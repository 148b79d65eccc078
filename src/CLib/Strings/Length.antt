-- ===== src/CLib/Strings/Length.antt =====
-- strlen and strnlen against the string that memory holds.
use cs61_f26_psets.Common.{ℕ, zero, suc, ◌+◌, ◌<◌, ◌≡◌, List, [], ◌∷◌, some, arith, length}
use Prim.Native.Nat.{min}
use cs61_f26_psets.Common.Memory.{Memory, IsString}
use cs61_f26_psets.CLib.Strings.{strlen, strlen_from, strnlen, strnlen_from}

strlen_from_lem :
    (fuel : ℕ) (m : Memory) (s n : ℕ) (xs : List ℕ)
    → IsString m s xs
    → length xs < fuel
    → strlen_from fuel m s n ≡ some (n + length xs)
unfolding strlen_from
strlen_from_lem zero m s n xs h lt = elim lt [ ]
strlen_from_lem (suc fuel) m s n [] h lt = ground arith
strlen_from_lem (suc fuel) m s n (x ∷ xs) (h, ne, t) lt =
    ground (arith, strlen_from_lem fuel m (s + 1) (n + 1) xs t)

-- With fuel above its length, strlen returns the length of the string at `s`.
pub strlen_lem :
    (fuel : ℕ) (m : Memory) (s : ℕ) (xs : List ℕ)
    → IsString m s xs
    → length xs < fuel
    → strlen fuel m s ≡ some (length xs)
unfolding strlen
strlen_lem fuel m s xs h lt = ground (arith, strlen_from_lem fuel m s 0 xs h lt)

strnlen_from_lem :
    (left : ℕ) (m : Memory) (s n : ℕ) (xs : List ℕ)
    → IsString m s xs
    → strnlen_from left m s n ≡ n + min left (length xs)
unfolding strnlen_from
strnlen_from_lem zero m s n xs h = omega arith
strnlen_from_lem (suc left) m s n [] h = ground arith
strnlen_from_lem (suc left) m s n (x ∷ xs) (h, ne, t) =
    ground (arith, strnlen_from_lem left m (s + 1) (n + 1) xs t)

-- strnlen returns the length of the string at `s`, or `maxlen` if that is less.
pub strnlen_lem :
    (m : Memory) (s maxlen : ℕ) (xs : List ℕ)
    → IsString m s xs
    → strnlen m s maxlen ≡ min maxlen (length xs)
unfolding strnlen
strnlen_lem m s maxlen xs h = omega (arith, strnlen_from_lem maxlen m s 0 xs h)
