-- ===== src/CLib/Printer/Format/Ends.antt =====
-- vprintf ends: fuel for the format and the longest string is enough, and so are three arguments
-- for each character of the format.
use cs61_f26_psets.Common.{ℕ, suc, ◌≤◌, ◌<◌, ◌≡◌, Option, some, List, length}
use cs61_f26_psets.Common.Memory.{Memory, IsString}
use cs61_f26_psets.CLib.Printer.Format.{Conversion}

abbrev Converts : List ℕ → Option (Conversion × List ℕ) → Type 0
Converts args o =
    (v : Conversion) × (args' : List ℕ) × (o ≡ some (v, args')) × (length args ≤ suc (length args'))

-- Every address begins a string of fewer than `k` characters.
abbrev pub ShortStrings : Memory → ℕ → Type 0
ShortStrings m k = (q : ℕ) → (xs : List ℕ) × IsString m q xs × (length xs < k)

== Assignment ==
Go through the records above and report how many lines contain "Common". Write the number only.

== Solved problem ==
4